:: Instructions for the task ::
Return only the lines from the top of the material through the line marked by "models them as", unaltered.

:: Extracted data ::
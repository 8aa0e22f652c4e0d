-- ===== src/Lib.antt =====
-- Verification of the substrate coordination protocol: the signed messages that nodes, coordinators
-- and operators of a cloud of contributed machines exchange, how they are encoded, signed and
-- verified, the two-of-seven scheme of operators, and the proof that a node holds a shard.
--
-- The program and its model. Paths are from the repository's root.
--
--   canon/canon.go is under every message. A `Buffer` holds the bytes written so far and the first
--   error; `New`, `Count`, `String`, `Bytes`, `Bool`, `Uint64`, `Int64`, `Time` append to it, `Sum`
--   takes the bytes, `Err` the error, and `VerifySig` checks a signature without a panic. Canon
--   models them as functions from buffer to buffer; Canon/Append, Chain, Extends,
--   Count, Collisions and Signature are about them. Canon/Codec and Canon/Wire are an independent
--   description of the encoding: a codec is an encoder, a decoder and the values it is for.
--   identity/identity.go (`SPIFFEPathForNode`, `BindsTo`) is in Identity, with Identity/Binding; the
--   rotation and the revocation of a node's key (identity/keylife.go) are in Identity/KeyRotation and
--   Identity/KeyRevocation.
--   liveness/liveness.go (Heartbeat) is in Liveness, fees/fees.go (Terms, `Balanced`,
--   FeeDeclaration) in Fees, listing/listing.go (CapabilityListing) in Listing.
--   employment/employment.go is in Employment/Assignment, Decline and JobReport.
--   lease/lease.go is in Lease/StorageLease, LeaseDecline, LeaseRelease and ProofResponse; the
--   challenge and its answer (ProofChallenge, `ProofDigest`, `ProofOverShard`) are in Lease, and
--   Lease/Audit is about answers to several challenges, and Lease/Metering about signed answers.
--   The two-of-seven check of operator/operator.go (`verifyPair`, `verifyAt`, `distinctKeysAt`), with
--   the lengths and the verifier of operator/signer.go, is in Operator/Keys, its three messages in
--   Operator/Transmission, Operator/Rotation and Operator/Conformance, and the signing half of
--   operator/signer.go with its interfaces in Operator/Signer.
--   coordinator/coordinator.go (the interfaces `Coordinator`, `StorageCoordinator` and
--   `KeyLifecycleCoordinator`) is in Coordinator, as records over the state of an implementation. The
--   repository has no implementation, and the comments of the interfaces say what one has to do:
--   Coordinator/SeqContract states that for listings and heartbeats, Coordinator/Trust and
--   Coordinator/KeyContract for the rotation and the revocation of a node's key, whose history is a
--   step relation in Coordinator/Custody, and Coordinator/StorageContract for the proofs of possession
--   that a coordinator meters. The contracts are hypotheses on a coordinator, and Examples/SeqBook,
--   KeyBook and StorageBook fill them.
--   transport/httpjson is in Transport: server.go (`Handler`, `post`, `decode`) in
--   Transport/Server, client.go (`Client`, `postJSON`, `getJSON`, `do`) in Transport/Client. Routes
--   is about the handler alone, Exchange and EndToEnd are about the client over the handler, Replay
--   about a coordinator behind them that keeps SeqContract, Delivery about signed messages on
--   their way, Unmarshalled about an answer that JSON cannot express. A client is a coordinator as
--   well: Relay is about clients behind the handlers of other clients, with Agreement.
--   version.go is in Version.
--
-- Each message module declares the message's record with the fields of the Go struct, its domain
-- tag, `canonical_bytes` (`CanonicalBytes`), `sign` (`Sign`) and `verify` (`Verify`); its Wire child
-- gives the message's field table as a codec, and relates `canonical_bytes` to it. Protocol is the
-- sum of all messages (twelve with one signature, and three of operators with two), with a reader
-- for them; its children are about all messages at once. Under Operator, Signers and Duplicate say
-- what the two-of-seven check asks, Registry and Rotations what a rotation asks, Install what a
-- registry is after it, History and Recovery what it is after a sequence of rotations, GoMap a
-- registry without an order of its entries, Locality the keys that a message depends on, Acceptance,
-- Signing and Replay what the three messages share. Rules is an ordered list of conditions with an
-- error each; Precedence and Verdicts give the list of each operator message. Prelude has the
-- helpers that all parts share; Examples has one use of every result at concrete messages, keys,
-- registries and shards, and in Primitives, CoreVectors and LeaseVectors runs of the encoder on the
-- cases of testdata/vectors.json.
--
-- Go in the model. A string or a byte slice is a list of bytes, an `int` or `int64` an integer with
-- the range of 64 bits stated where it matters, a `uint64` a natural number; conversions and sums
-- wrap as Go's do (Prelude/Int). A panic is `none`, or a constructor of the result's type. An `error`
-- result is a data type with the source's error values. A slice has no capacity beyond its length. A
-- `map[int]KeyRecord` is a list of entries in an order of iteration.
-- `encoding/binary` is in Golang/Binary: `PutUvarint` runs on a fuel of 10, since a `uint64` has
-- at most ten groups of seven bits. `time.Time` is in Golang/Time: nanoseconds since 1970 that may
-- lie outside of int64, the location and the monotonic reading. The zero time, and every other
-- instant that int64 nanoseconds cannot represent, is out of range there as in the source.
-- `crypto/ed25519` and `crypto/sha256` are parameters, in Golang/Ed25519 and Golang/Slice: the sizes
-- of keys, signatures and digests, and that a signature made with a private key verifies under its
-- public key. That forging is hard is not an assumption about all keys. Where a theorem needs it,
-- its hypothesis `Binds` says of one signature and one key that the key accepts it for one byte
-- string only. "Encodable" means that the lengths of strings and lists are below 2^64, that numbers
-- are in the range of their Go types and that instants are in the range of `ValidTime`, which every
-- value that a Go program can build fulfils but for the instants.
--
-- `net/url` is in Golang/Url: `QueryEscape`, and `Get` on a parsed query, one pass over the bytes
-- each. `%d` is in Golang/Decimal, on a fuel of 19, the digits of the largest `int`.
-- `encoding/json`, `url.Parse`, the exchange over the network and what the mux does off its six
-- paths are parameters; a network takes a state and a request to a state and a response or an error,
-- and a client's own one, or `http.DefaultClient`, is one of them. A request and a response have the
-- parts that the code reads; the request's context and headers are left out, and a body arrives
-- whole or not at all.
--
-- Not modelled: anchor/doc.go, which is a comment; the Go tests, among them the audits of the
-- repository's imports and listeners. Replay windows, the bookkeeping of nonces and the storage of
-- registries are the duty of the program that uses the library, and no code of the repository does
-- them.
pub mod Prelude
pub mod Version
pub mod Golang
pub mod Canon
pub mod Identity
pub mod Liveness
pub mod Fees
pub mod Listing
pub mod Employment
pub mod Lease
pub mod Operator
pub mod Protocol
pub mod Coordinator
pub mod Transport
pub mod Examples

:: Worked solution ::
repository 8aa0e22f652c4e0d
-- ===== src/Lib.antt =====
-- Verification of the substrate coordination protocol: the signed messages that nodes, coordinators
-- and operators of a cloud of contributed machines exchange, how they are encoded, signed and
-- verified, the two-of-seven scheme of operators, and the proof that a node holds a shard.
--
-- The program and its model. Paths are from the repository's root.
--
--   canon/canon.go is under every message. A `Buffer` holds the bytes written so far and the first
--   error; `New`, `Count`, `String`, `Bytes`, `Bool`, `Uint64`, `Int64`, `Time` append to it, `Sum`
--   takes the bytes, `Err` the error, and `VerifySig` checks a signature without a panic. Canon
--   models them as functions from buffer to buffer; Canon/Append, Chain, Extends,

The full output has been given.